田小文笑了笑。
田真真认真地看着田小文,看了一会,她低下头,语气发闷。
“小文,我要跟你商量一件事……”
“什么事?”
田真真抬起头,嘴唇微微颤动了一下,还是说出了口:“你既然回来了,我就打算走了。”
田小文楞了一下,他轻轻歪了一下头,好像有一刻没听懂田真真的话,但很快,他又仿佛清楚田真真的意思。
田小文点点头,轻声答应:“好。”
田真真发誓,如果田小文不答应,她可能真的无法走出这个家门,但她的这个无论好的坏的都一一承受下来的弟弟答应了,甚至连理由都没有问。
田真真的眼睛热了,鼻子发酸,但她强忍住眼泪,开了个玩笑:“把小午过继给你,怎么样?”
田小文的眼睛立即睁圆了:“你说什么呢?”
田真真笑了一下:“开玩笑呢,你愿意,我还不舍得呢。”
伤感的氛围也因为这个玩笑而驱散了不少,田小文让田真真回卧室和小午睡,自己在沙发上凑活了一个晚上。

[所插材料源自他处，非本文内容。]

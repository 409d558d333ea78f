-- ===== src/Ops/Attrs.antt =====
-- The handlers that read an entry or change its attributes: `lookup`, `getattr`, `readdir`, `readlink`,
-- `apply_setattr`, `open` and `commit_write` of src/fs/ops.rs. The clock, in nanoseconds, is an argument.
use pqfs.Common.{
  ℕ, suc, zero, ◌+◌, ◌%◌, ◌^◌, Bytes, List, [], ◌∷◌, ◌++◌, drop, Bool, true, false, Option, none,
  some, Result, ok, err, ok_or, or_fail, if◌then◌else◌, enoent, enotdir, einval, eio,
}
use pqfs.Common
use pqfs.Common.SortedMap
use pqfs.Common.Exec.{Exec, ◌>>=◌, ◌>>◌, pure}
use pqfs.Crypto.Primitives.{Primitives}
use pqfs.Crypto.Keys.{Crypto}
use pqfs.Index.Entry.{Entry, EntryKind, touch_changed, touch_modified}
use pqfs.Index.State.{Inner, child_inodes, mark_dirty}
use pqfs.Index.Names.{FileAttr, attr_for, find_child, decrypt_filename}
use pqfs.Index.Persist.{IndexCodec, Mount, save_index}
use pqfs.Ops.Data.{ℤ, pos, negsuc, as_eio}

-- The entry of an inode, or ENOENT.
unfoldable pub entry_of : ℕ → Inner → Result Entry
entry_of ino s = ok_or (SortedMap.get ino s.entries) enoent

unfoldable pub getattr : ℕ → Inner → Result FileAttr
getattr ino s = Common.◌>>=◌ (entry_of ino s) λ e. ok (attr_for e)

unfoldable pub open_ino : ℕ → Inner → Result (Unit {0})
open_ino ino s = Common.◌>>=◌ (entry_of ino s) λ e. ok tt

-- `get_mut` with a change of the entry
unfoldable pub modify_entry : ℕ → (Entry → Entry) → Inner → Inner
modify_entry ino change s = elim (SortedMap.get ino s.entries) [
  | none ↦ s
  | some e ↦ record s { entries = SortedMap.insert ino (change e) s.entries }
]

-- `Option<TimeOrNow>` of `setattr`
pub data TimeOrNow : Type 0 where
  specific : ℤ → TimeOrNow
  now : TimeOrNow

-- `specific` has the nanoseconds since the epoch. A time before it is read as 0, one after it is cut to 64 bits.
unfoldable pub time_or_now_nanos : ℕ → TimeOrNow → ℕ
time_or_now_nanos clock (specific (pos nanos)) = nanos % 2 ^ 64
time_or_now_nanos clock (specific (negsuc nanos)) = 0
time_or_now_nanos clock now = clock

pub record SetAttr : Type 0 where
  pub mode : Option ℕ
  pub uid : Option ℕ
  pub gid : Option ℕ
  pub atime : Option TimeOrNow
  pub mtime : Option TimeOrNow
  pub truncated : Option (Bytes × ℕ)

-- `if let Some(v) = value { change }`
abbrev pub when_some {ℓ} : {A : Type ℓ} → Option A → (A → Entry → Entry) → Entry → Entry
when_some none change e = e
when_some (some a) change e = change a e

-- The changes of `apply_setattr` to the entry, in their order.
unfoldable pub with_attrs : ℕ → SetAttr → Entry → Entry
with_attrs clock a e =
    let e = when_some a.mode (λ mode e. record e { perm = mode % 65536 % 512 }) e in
    let e = when_some a.uid (λ uid e. record e { uid = uid }) e in
    let e = when_some a.gid (λ gid e. record e { gid = gid }) e in
    let e =
      when_some a.atime
        (λ t e. record e { times = record (e.times) { atime = time_or_now_nanos clock t } }) e in
    let e =
      when_some a.mtime
        (λ t e. record e { times = record (e.times) { mtime = time_or_now_nanos clock t } }) e in
    let e =
      when_some a.truncated
        (λ t e. record e { content_key = t.0; size = t.1; times = touch_modified clock e.times })
        e in
    record e { times = touch_changed clock e.times }

unfoldable pub put_attrs : ℕ → ℕ → SetAttr → Mount → Mount
unfolding modify_entry with_attrs
put_attrs clock ino a m = record m { inner = modify_entry ino (with_attrs clock a) m.inner }

-- Whether the entry was there.
unfoldable pub commit_write : ℕ → ℕ → Bytes → ℕ → Inner → Bool × Inner
unfolding modify_entry mark_dirty
commit_write clock ino content_key_enc size s = elim (SortedMap.get ino s.entries) [
  | none ↦ (false, s)
  | some e ↦ (
    true,
    mark_dirty (
        modify_entry ino
          (λ e. record e {
            content_key = content_key_enc;
            size = size;
            times = touch_modified clock e.times;
          })
          s),
  )
]

module _ (p : Primitives) (crypto : Crypto) where
  unfoldable pub lookup : ℕ → Bytes → Inner → Result FileAttr
  lookup parent name s =
      Common.◌>>=◌ (ok_or (find_child p crypto parent name s) enoent) λ e. ok (attr_for e)

  unfoldable pub readlink : ℕ → Inner → Result Bytes
  readlink ino s = Common.◌>>=◌ (entry_of ino s) λ e. elim e.kind [
    | EntryKind.symlink ↦ or_fail eio (decrypt_filename p crypto e.link_target)
    | _ ↦ err einval
  ]

  -- The names of the children, in order of their inodes.
  unfoldable pub named_rows : List Entry → Result (List (ℕ × EntryKind × Bytes))
  named_rows [] = ok []
  named_rows (e ∷ es) =
      Common.◌>>=◌ (or_fail eio (decrypt_filename p crypto e.name_encrypted))
        λ name. Common.◌>>=◌ (named_rows es) λ rest. ok ((e.ino, e.kind, name) ∷ rest)

  -- The rows from `offset` on; the buffer of the reply, which may hold fewer, is not modelled.
  unfoldable pub readdir : ℕ → ℕ → Inner → Result (List (ℕ × EntryKind × Bytes))
  readdir ino offset s = Common.◌>>=◌ (entry_of ino s) λ e. elim e.kind [
    | EntryKind.dir ↦ Common.◌>>=◌ (named_rows (child_inodes ino s)) λ rows. ok (
        drop offset
          ((ino, EntryKind.dir, 46 ∷ []) ∷ (e.parent, EntryKind.dir, 46 ∷ 46 ∷ []) ∷ rows))
    | _ ↦ err enotdir
  ]

  module _ (codec : IndexCodec) where
    unfoldable pub apply_setattr : ℕ → ℕ → SetAttr → Exec Mount FileAttr
    unfolding put_attrs
    apply_setattr clock ino a = do
      e ← λ m. (entry_of ino m.inner, m)
      λ m. (ok tt, put_attrs clock ino a m)
      as_eio (save_index p codec crypto)
      pure (attr_for (with_attrs clock a e))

而再次晚归的江山推开门,以往那个总是会在听到开门声第一时间就出来的人不在了,迎接的他是暗黑而空荡荡的客厅。
江山站在玄关的射灯下发了会楞,然后轻声地笑了笑。
酒酿圆子
江山打开客厅的大灯,放下公文包,他去厨房想要拿瓶水,结果打开冰箱时,他几乎认不出来这还是自己家的冰箱了。
他皱着眉头拿出一个餐盒,刚准备放回去,就看到透明餐盒里似乎是不一样的东西。他打开一看,原来是酒酿圆子。
“今天做的,晚上回来如果来得及可以热一下吃。如果今天没吃,就让阿姨扔了。”
便利贴上还标注着日期。
其实,越然也会时不时地往他的冰箱里塞吃的,但他从来都不碰,反正阿姨会定期清理他的冰箱。
灯已经关了,黑暗中躺在沙发上的田小文有点睡不着,毕竟前一晚他还睡在江山家的客房里,也就短短两个月的时间,他突然有点不适应这狭窄的沙发了。
田小文不想承认,但还是觉得在江山家里住着的无忧无虑的日子似乎带着点柔光似的,好像每天过得都很舒心,轻松。虽然他从来都没有觉得现在的活没有什么不好,小午也从不会是他的负担,但偶尔让他松了一口气的日子还是让他暗自怀念。
“嗡嗡……”
田小文静音的手机突然响了起来,他拿起来一看,竟然是江山。
“喂?”
田小文低着声问。
“这么小声干什么?”
江山熟悉的声音传过来,让在黑暗中的躺着的田小文感觉很不一样,就好像突然找到了自己能够依赖的玩偶一样,感觉温暖又安全。
但转眼,田小文又被自己的想法惊到了,如果江山知道自己心里把他比喻成玩偶会不会觉得他很不可理喻。